Straßen wirken leergefegt, Atem gefriert sichtbar, und das vertraute Ritual des winterlichen Spaziergangs bekommt einen neuen Ernst, der zwischen Staunen und Vorsicht pendelt. Warnungen fordern Aufmerksamkeit, ohne Panik, und erinnern daran, wie verletzlich moderne Routinen gegenüber extremer Witterung bleiben, selbst im Hochwinter Europas. Die gefühlten Temperaturen liegen an den Feiertagen zwischen minus 10 und minus 15 Grad.

Wetter an Weihnachten: Feiertage unter arktischem Atem

In Wohnungen knistert die Heizung, draußen regiert die Kälte die Dramaturgie des Festes. Familien planen Anreisen neu, Kirchen passen Zeiten an, Städte öffnen Wärmestuben. Der Windchill verschiebt die Wahrnehmung, weil minus zehn plötzlich wie minus zwanzig wirken. Experten raten zu mehreren Kleidungsschichten, winddichten Materialien und klaren Zeitfenstern im Freien.

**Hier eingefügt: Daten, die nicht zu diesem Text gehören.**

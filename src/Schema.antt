-- ===== src/Schema.antt =====
-- include/forgeant/schema and src/schema/schema.cpp: the builder of JSON schemas. A call of the
-- builder is an action on the `Json` that it holds, `schema_`.
pub mod Laws
pub mod Conforms
pub mod Fields
use forgeant.Prelude.{String, Bool, List, not, if◌then◌else◌}
use forgeant.Prelude.Int.{ℤ}
use forgeant.Double.{Double}
use forgeant.Outcome.{Outcome, ok}
use forgeant.Action.{Action, pure, ◌>>=◌, ◌>>◌}
use forgeant.Json.{Json, null, string, empty_array, empty_object, contains}
use forgeant.Json.Update.{assign, on_key, push_back, for_each}

-- `SchemaBuilder`, of which `build` gives the one field.
pub record SchemaBuilder : Type 0 where
  pub schema : Json

-- `SchemaBuilder(type)`
unfoldable pub builder : String → SchemaBuilder
unfolding on_key
builder type = record { schema = (assign "type" (string type) null).1 }

unfoldable pub description : String → Action Json Unit
unfolding on_key
description desc = assign "description" (string desc)

unfoldable pub default_value : Json → Action Json Unit
unfolding on_key
default_value value = assign "default" value

-- The loop over `values` or `fields`.
abbrev pub push_strings : String → List String → Action Json Unit
push_strings key values = for_each values (λ v. on_key key (push_back (string v)))

unfoldable pub enum_values : List String → Action Json Unit
unfolding on_key push_back for_each
enum_values values = do assign "enum" empty_array; push_strings "enum" values

unfoldable pub property : String → Json → Action Json Unit
unfolding on_key contains
property name prop_schema = do
  λ schema.
      (if contains "properties" schema then pure tt else assign "properties" empty_object) schema
  on_key "properties" (assign name prop_schema)

unfoldable pub required : List String → Action Json Unit
unfolding on_key push_back for_each
required fields = do assign "required" empty_array; push_strings "required" fields

unfoldable pub items : Json → Action Json Unit
unfolding on_key
items item_schema = assign "items" item_schema

abbrev pub build : SchemaBuilder → Json
build b = b.schema

-- `Schema::string()` and the others
abbrev pub string_schema : SchemaBuilder
string_schema = builder "string"

abbrev pub integer_schema : SchemaBuilder
integer_schema = builder "integer"

abbrev pub number_schema : SchemaBuilder
number_schema = builder "number"

abbrev pub boolean_schema : SchemaBuilder
boolean_schema = builder "boolean"

abbrev pub object_schema : SchemaBuilder
object_schema = builder "object"

abbrev pub array_schema : SchemaBuilder
array_schema = builder "array"

-- `ParamSchema<T>::schema()` as an interface, with the built-in specializations.
pub record ParamSchema (T : Type 0) : Type 0 where
  pub schema : Json

abbrev pub param_string : ParamSchema String
param_string = record { schema = build string_schema }

abbrev pub param_int : ParamSchema ℤ
param_int = record { schema = build integer_schema }

abbrev pub param_double : ParamSchema Double
param_double = record { schema = build number_schema }

abbrev pub param_boolean : ParamSchema Bool
param_boolean = record { schema = build boolean_schema }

Wer draußen feiert, entdeckt eine stille Schönheit aus funkelndem Reif und scharfem Sternenhimmel. Gleichzeitig wächst die Verantwortung füreinander, denn ältere Menschen, Obdachlose und Kinder reagieren besonders sensibel auf die beißende Kombination aus Wind und Frost. Kommunen appellieren an Nachbarschaftshilfe, kurze Wege und das Melden gefährlicher Situationen in kalten Nächten, besonders an Feiertagen zuverlässig gemeinsam.

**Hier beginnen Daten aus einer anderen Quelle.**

-- ===== src/Examples/Movies.antt =====
-- examples/structured_output.cpp
pub mod Laws
pub mod Reviews
use forgeant.Agent.{no_overrides}
use forgeant.Prelude.{◌<>◌, String, List, [], ◌∷◌}
use forgeant.Prelude.Int.{ℤ, pos}
use forgeant.Prelude.Decimal.{to_string}
use forgeant.Outcome.{Outcome, ok, throw}
use forgeant.Action.{Action, pure, lift, modify, continue, ◌>>=◌, ◌>>◌}
use forgeant.Json.{Json, at, get_string, get_int}
use forgeant.Platform.{Platform}
use forgeant.Http.{HttpClient}
use forgeant.Agent.{AgentResult}
use forgeant.Agent.Typed.{run_typed_prompt}
use forgeant.Examples.{Environment, Program, done, after_run, with_agent}
use forgeant.Schema.{
  SchemaBuilder, ParamSchema, builder, description, property, required, build, string_schema,
  integer_schema, object_schema,
}

pub record MovieReview : Type 0 where
  pub title : String
  pub rating : ℤ
  pub summary : String

-- `MovieReview{}`
abbrev pub no_review : MovieReview
no_review = record { title = ""; rating = pos 0; summary = "" }

-- `Schema::...().description(...).build()`
abbrev pub described : SchemaBuilder → String → Json
described b text = (description text b.schema).1

abbrev pub schema : Action Json Unit
schema = do
  property "title" (described string_schema "Movie title")
  property "rating" (described integer_schema "Rating from 1 to 10")
  property "summary" (described string_schema "One sentence summary")
  required ("title" ∷ "rating" ∷ "summary" ∷ [])

unfoldable pub param_movie : ParamSchema MovieReview
unfolding builder description property required
param_movie = record { schema = (schema object_schema.schema).1 }

unfoldable pub from_json : Json → Action MovieReview Unit
unfolding at
from_json j = do
  title_json ← lift (at "title" j)
  title ← lift (get_string title_json)
  modify (λ review. record review { title = title })
  rating_json ← lift (at "rating" j)
  rating ← lift (get_int rating_json)
  modify (λ review. record review { rating = rating })
  summary_json ← lift (at "summary" j)
  summary ← lift (get_string summary_json)
  modify (λ review. record review { summary = summary })

-- `get<MovieReview>()`
abbrev result_of : Outcome (Unit {0}) × MovieReview → Outcome MovieReview
result_of (ok _, review) = ok review
result_of (throw e, review) = throw e

unfoldable pub get_movie : Json → Outcome MovieReview
unfolding from_json
get_movie j = result_of (from_json j no_review)

abbrev pub shown_review : AgentResult MovieReview → List String
shown_review result =
    ("Title: " <> result.output.title)
    ∷ ("Rating: " <> (to_string result.output.rating <> "/10"))
    ∷ ("Summary: " <> result.output.summary)
    ∷ []

abbrev pub movie_question : String
movie_question = "Review the movie 'The Matrix' (1999)."

unfoldable pub main_movie :
    {W : Type 0} → Platform → Outcome (HttpClient W) → Environment → Program W
unfolding run_typed_prompt get_movie param_movie to_string
main_movie p client env = with_agent p client env "" (λ agent. λ c.
    after_run
      (run_typed_prompt p get_movie agent param_movie.schema movie_question no_overrides c.world)
      (λ result. done (shown_review result)) c)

Ein Weihnachtsmärchen aus Eis

Ob dieses Weihnachten als Rekord oder Legende endet, entscheidet sich im Zusammenspiel von Natur und Verhalten. Die Kälte zwingt zur Entschleunigung, rückt Nähe nach innen und schenkt dem Fest eine unerwartete Intensität. Wer vorbereitet ist, erlebt kein Erstarren, sondern Klarheit. Heißer Tee, ruhige Abende und der Respekt vor Wetterwarnungen werden zu neuen Traditionen. Vielleicht bleibt 2025 in Erinnerung als das Jahr, in dem der Windchill die Regeln schrieb und Weihnachten dennoch Wärme fand, nicht draußen, sondern im gemeinsamen Innehalten. So entsteht ein stilles Fest, geprägt von Achtsamkeit, Vorbereitung und dem Wert gemeinsamer Zeit in frostiger Landschaft, fern von Hektik.